Zehn Runden vor Schluss drückt der SCB den Panikknopf, feuert Trainer Kari Jalonen. Jenen Mann also, mit dem man erst im Oktober um eine weitere Saison verlängert hat. Der den SCB in drei Jahren zwei Mal zum Meistertitel führte. Den erfolgreichsten Trainer seit Bill Gilligan (1988-1992). Ein Armutszeugnis!
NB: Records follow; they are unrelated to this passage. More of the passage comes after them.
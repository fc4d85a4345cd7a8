-- ===== src/Portal/Approvals/Saves.antt =====
-- What `savePurchaseOrder` of portal_server/orders.go does to orders with distinct ids.
use textile_erp_cloud.Base.{
  ◌≡◌, ◌⊎◌, refl, inl, inr, true, false, Option, none, some, List, [], ◌∷◌, Bool-cases, find,
  update_first, All,
}
use textile_erp_cloud.Base.Int.{ℤ}
use textile_erp_cloud.Base.Text.{text_eq_sound, text_eq_refl, equal_fold, equal_fold_refl}
use textile_erp_cloud.Portal.Orders.{Order}
use textile_erp_cloud.Portal.Approvals.{is_order, saved, save_order}
use textile_erp_cloud.Portal.Approvals.Lists.{IsDistinctOrders, Occurs}

-- The orders with one replaced.
abbrev pub replaced : Order → List Order → List Order
replaced n = update_first (is_order n.id) (λ _. n)

abbrev pub stamped : ℤ → Order → Order
stamped now o = record o { updated_at = now }

hit_at :
    (o : Order) (orders : List Order)
    → Occurs o orders
    → (x : Order) × (find (is_order o.id) orders ≡ some x)
hit_at o [] k = elim k [ ]
hit_at o (x ∷ more) k = elim (Bool-cases (is_order o.id x)) [
  | inl hit ↦ (x, rw hit refl)
  | inr miss ↦ let (y, found) = hit_at o more (later k miss) in (y, rw miss found)
]
  where
    later : (x ≡ o) ⊎ Occurs o more → is_order o.id x ≡ false → Occurs o more
    later (inl same) miss = absurd (cc (rw same at miss, text_eq_refl o.id))
    later (inr k) miss = k

saved-some :
    (now : ℤ) (n : Order) (orders : List Order) (x : Order) (found : Option Order)
    → found ≡ some x
    → saved now n orders found ≡ some (replaced (stamped now n) orders)
saved-some now n orders x none e = absurd (cc)
saved-some now n orders x (some y) e = refl

-- An order that is there can be saved.
pub save_order-some :
    (now : ℤ) (o n : Order) (orders : List Order)
    → n.id ≡ o.id
    → Occurs o orders
    → save_order now n orders ≡ some (replaced (stamped now n) orders)
unfolding save_order
save_order-some now o n orders e k =
    let (x, found) = hit_at o orders k in
    saved-some now n orders x (find (is_order n.id) orders) (rw e found)

replaced-apart :
    (x n : Order) (orders : List Order)
    → All (λ y. equal_fold y.id x.id ≡ false) orders
    → All (λ y. equal_fold y.id x.id ≡ false) (replaced n orders)
replaced-apart x n [] h = tt
replaced-apart x n (y ∷ more) h = elim (Bool-cases (is_order n.id y)) [
  | inl hit ↦ rw hit (rw (← text_eq_sound y.id n.id hit) h.0, h.1)
  | inr miss ↦ rw miss (h.0, replaced-apart x n more h.1)
]

pub replaced-IsDistinctOrders :
    (n : Order) (orders : List Order)
    → IsDistinctOrders orders
    → IsDistinctOrders (replaced n orders)
replaced-IsDistinctOrders n [] d = tt
replaced-IsDistinctOrders n (y ∷ more) d = elim (Bool-cases (is_order n.id y)) [
  | inl hit ↦ rw hit (rw (← text_eq_sound y.id n.id hit) d.0, d.1)
  | inr miss ↦ rw miss (replaced-apart y n more d.0, replaced-IsDistinctOrders n more d.1)
]

pub replaced-Occurs :
    (o n : Order) (orders : List Order)
    → n.id ≡ o.id
    → Occurs o orders
    → Occurs n (replaced n orders)
replaced-Occurs o n [] e k = elim k [ ]
replaced-Occurs o n (y ∷ more) e k = elim (Bool-cases (is_order n.id y)) [
  | inl hit ↦ rw hit (inl refl)
  | inr miss ↦ rw miss (inr (replaced-Occurs o n more e (later k miss)))
]
  where
    later : (y ≡ o) ⊎ Occurs o more → is_order n.id y ≡ false → Occurs o more
    later (inl same) miss = absurd (cc (rw (same, e) at miss, text_eq_refl o.id))
    later (inr k) miss = k

-- Two lists of orders one by one.
abbrev pub Pairs : (Order → Order → Type 0) → List Order → List Order → Type 0
Pairs R [] [] = Unit
Pairs R (a ∷ more) (b ∷ others) = R a b × Pairs R more others
Pairs R _ _ = ⊥

pub Pairs-refl :
    (R : Order → Order → Type 0) (orders : List Order)
    → ((o : Order) → R o o)
    → Pairs R orders orders
Pairs-refl R [] h = tt
Pairs-refl R (o ∷ more) h = (h o, Pairs-refl R more h)

same_id :
    (o n y : Order) (more : List Order)
    → n.id ≡ o.id
    → is_order n.id y ≡ true
    → All (λ x. equal_fold x.id y.id ≡ false) more
    → (y ≡ o) ⊎ Occurs o more
    → y ≡ o
same_id o n y more e hit apart (inl same) = same
same_id o n y [] e hit apart (inr k) = elim k [ ]
same_id o n y (x ∷ more) e hit apart (inr (inl same)) =
    let met : equal_fold x.id y.id ≡ true =
      rw (same, text_eq_sound y.id n.id hit, e) (equal_fold_refl o.id) in
    absurd (cc (apart.0, met))
same_id o n y (x ∷ more) e hit apart (inr (inr k)) = same_id o n y more e hit apart.1 (inr k)

-- If the old order and the new one are related, so are the lists.
pub replaced-Pairs :
    (R : Order → Order → Type 0) (o n : Order) (orders : List Order)
    → ((x : Order) → R x x)
    → n.id ≡ o.id
    → IsDistinctOrders orders
    → Occurs o orders
    → R o n
    → Pairs R orders (replaced n orders)
replaced-Pairs R o n [] h e d k r = tt
replaced-Pairs R o n (y ∷ more) h e d k r = elim (Bool-cases (is_order n.id y)) [
  | inl hit ↦ rw hit (rw (same_id o n y more e hit d.0 k) r, Pairs-refl R more h)
  | inr miss ↦ rw miss (h y, replaced-Pairs R o n more h e d.1 (later k miss) r)
]
  where
    later : (y ≡ o) ⊎ Occurs o more → is_order n.id y ≡ false → Occurs o more
    later (inl same) miss = absurd (cc (rw (same, e) at miss, text_eq_refl o.id))
    later (inr k) miss = k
«Kari hat vieles im Griff. Er ist nicht das Problem», sagte Geschäftsführer Marc Lüthi noch vor zwei Wochen. Nun feuert er ihn. Weshalb? Weil der Mut fehlt, trotz Krise an einem Top-Trainer festzuhalten. Weil man keine besseren Ideen hat. Weil man irgendetwas tun will. Und begründet wird die ganze Posse damit, dass Jalonen wohl kein Krisenmanager sei. Dabei war Jalonen nicht das Problem. Im Gegenteil.

«Das Team stand hinter dem Trainer»

Der Finne stand für seinen unermüdlichen Einsatz. Er war morgens der Erste in der Garderobe und löschte abends als Letzter das Licht. Jalonen beeindruckte mit seiner Arbeitsweise das Team, fand bei den Spielern Anklang und schaffte es dank seines trockenen Humors auch mal die Stimmung aufzulockern. Die Mannschaft stand hinter dem Trainer, was keine Selbstverständlichkeit darstellt. Sucht man doch in Krisensituationen die Fehler lieber beim Gegenüber als bei sich selbst.

Die Probleme in Bern liegen auf dem Eis und begannen Anfangs Saison beim Torhüter. In der Offensive hängt zu vieles von Topskorer Mark Arcobello ab. Daran wird auch ein neuer Trainer nichts ändern können. Denn wie ein finnisches Sprichwort richtig besagt: Mit einer Vespa kann man nicht zum Mond fliegen.

«SCB verbreitet Panik»

In Bern geht es längst nicht mehr nur um die Playoffs. Es lohnt sich einen Blick in den Rückspiegel zu werfen. Der SCB hat bloss zwei Punkte Vorsprung auf Rang 11. Als Hans Kossmann in Zürich übernahm, dauerte es eine gewisse Zeit, bis die Lions Fahrt aufnahmen. Zeit, die Bern nicht hat. Sonst droht der Kampf gegen den Abstieg.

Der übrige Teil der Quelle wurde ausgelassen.